- [Data to examine]:
....

-- ===== src/Persistence/WriteAheadLog.antt =====
-- persistence/write_ahead_log.cpp: the records of the log file, their encoding, and the reader that
-- stops at the first record that is not whole. The file is the list of its bytes; opening, flushing
-- and syncing it are not modelled.
pub mod Recovery
pub mod Torn
use Prim.Native.Nat.{max}
use vertex_db.Base.{
  ℕ, zero, suc, ◌+◌, ◌%◌, ◌<◌, ◌^◌, ◌≤◌, ◌≡◌, Bool, true, false, not, ◌||◌, Option, none, some,
  List, [], ◌∷◌, ◌++◌, ◌==◌, if◌then◌else◌, length, All,
}
use vertex_db.Persistence.Binary.{Bytes, write_pod, read_pod, read_bytes, ◌>>=◌}

-- struct WalRecord; the operation is its byte
pub record WalRecord : Type 0 where
  pub lsn : ℕ
  pub operation : ℕ
  pub payload : Bytes

-- "TCWA" and the version of the format
abbrev pub wal_magic : ℕ
wal_magic = 0x54435741

abbrev pub wal_version : ℕ
wal_version = 1

-- What `append` writes for a record.
unfoldable pub encode : WalRecord → Bytes
encode r =
    write_pod 4 wal_magic
    ++ (write_pod 4 wal_version
        ++ (write_pod 8 r.lsn
            ++ (write_pod 1 r.operation ++ (write_pod 8 (length r.payload) ++ r.payload))))

-- The body of the loop of `readAll`: `none` where it breaks.
unfoldable pub read_record : Bytes → Option (WalRecord × Bytes)
read_record input = do
  magic ← read_pod 4 input
  version ← read_pod 4 magic.1
  if not (magic.0 == wal_magic) || not (version.0 == wal_version) then none else do
    lsn ← read_pod 8 version.1
    operation ← read_pod 1 lsn.1
    size ← read_pod 8 operation.1
    payload ← read_bytes size.0 size.1
    some (record { lsn = lsn.0; operation = operation.0; payload = payload.0 }, payload.1)

-- The loop of `readAll`, on fuel.
unfoldable pub read_loop : ℕ → Bytes → List WalRecord
read_loop zero input = []
read_loop (suc fuel) [] = []
read_loop (suc fuel) (b ∷ input) = elim (read_record (b ∷ input)) [
  | none ↦ []
  | some r ↦ r.0 ∷ read_loop fuel r.1
]

-- WriteAheadLog::readAll: a record takes at least one byte, so this fuel is enough.
unfoldable pub read_all : Bytes → List WalRecord
read_all input = read_loop (suc (length input)) input

-- class WriteAheadLog
pub record Log : Type 0 where
  pub file : Bytes
  pub next_lsn : Option ℕ

-- The loop of nextLsn, on a uint64_t.
unfoldable pub max_lsn : ℕ → List WalRecord → ℕ
max_lsn next [] = next
max_lsn next (r ∷ rs) = max_lsn (max next ((r.lsn + 1) % 18446744073709551616)) rs

-- WriteAheadLog::nextLsn
unfoldable pub take_lsn : Log → ℕ × Log
take_lsn w = elim w.next_lsn [
  | some n ↦ (n, record w { next_lsn = some ((n + 1) % 18446744073709551616) })
  | none ↦
      let next = max_lsn 1 (read_all w.file) in
      (next, record w { next_lsn = some ((next + 1) % 18446744073709551616) })
]

-- WriteAheadLog::append
unfoldable pub append : Log → ℕ → Bytes → ℕ × Log
append w operation payload =
    let (lsn, w') = take_lsn w in
    (
      lsn,
      record w' {
        file = w'.file ++ encode (record { lsn = lsn; operation = operation; payload = payload });
      },
    )

-- WriteAheadLog::reset
abbrev pub reset : Log → Log
reset w = record { file = []; next_lsn = some 1 }

-- The bytes of several records.
unfoldable pub encode_all : List WalRecord → Bytes
encode_all [] = []
encode_all (r ∷ rs) = encode r ++ encode_all rs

....

- [What you have to do]:
Reproduce the data shown above exactly, including every line.

- [Exercise response]:
-- ===== src/Persistence/WriteAheadLog.antt =====
-- persistence/write_ahead_log.cpp: the records of the log file, their encoding, and the reader that
-- stops at the first record that is not whole. The file is the list of its bytes; opening, flushing
-- and syncing it are not modelled.
pub mod Recovery
pub mod Torn
use Prim.Native.Nat.{max}
use vertex_db.Base.{
  ℕ, zero, suc, ◌+◌, ◌%◌, ◌<◌, ◌^◌, ◌≤◌, ◌≡◌, Bool, true, false, not, ◌||◌, Option, none, some,
  List, [], ◌∷◌, ◌++◌, ◌==◌, if◌then◌else◌, length, All,
}
use vertex_db.Persistence.Binary.{Bytes, write_pod, read_pod, read_bytes, ◌>>=◌}

-- struct WalRecord; the operation is its byte
pub record WalRecord : Type 0 where
  pub lsn : ℕ
  pub operation : ℕ
  pub payload : Bytes

-- "TCWA" and the version of the format
abbrev pub wal_magic : ℕ
wal_magic = 0x54435741

abbrev pub wal_version : ℕ
wal_version = 1

-- What `append` writes for a record.
unfoldable pub encode : WalRecord → Bytes
encode r =
    write_pod 4 wal_magic
    ++ (write_pod 4 wal_version
        ++ (write_pod 8 r.lsn
            ++ (write_pod 1 r.operation ++ (write_pod 8 (length r.payload) ++ r.payload))))

-- The body of the loop of `readAll`: `none` where it breaks.
unfoldable pub read_record : Bytes → Option (WalRecord × Bytes)
read_record input = do
  magic ← read_pod 4 input
  version ← read_pod 4 magic.1
  if not (magic.0 == wal_magic) || not (version.0 == wal_version) then none else do
    lsn ← read_pod 8 version.1
    operation ← read_pod 1 lsn.1
    size ← read_pod 8 operation.1
    payload ← read_bytes size.0 size.1
    some (record { lsn = lsn.0; operation = operation.0; payload = payload.0 }, payload.1)

-- The loop of `readAll`, on fuel.
unfoldable pub read_loop : ℕ → Bytes → List WalRecord
read_loop zero input = []
read_loop (suc fuel) [] = []
read_loop (suc fuel) (b ∷ input) = elim (read_record (b ∷ input)) [
  | none ↦ []
  | some r ↦ r.0 ∷ read_loop fuel r.1
]

-- WriteAheadLog::readAll: a record takes at least one byte, so this fuel is enough.
unfoldable pub read_all : Bytes → List WalRecord
read_all input = read_loop (suc (length input)) input

-- class WriteAheadLog
pub record Log : Type 0 where
  pub file : Bytes
  pub next_lsn : Option ℕ

-- The loop of nextLsn, on a uint64_t.
unfoldable pub max_lsn : ℕ → List WalRecord → ℕ
max_lsn next [] = next
max_lsn next (r ∷ rs) = max_lsn (max next ((r.lsn + 1) % 18446744073709551616)) rs

-- WriteAheadLog::nextLsn
unfoldable pub take_lsn : Log → ℕ × Log
take_lsn w = elim w.next_lsn [
  | some n ↦ (n, record w { next_lsn = some ((n + 1) % 18446744073709551616) })
  | none ↦
      let next = max_lsn 1 (read_all w.file) in
      (next, record w { next_lsn = some ((next + 1) % 18446744073709551616) })
]

-- WriteAheadLog::append
unfoldable pub append : Log → ℕ → Bytes → ℕ × Log
append w operation payload =
    let (lsn, w') = take_lsn w in
    (
      lsn,
      record w' {
        file = w'.file ++ encode (record { lsn = lsn; operation = operation; payload = payload });
      },
    )

-- WriteAheadLog::reset
abbrev pub reset : Log → Log
reset w = record { file = []; next_lsn = some 1 }

-- The bytes of several records.
unfoldable pub encode_all : List WalRecord → Bytes
encode_all [] = []
encode_all (r ∷ rs) = encode r ++ encode_all rs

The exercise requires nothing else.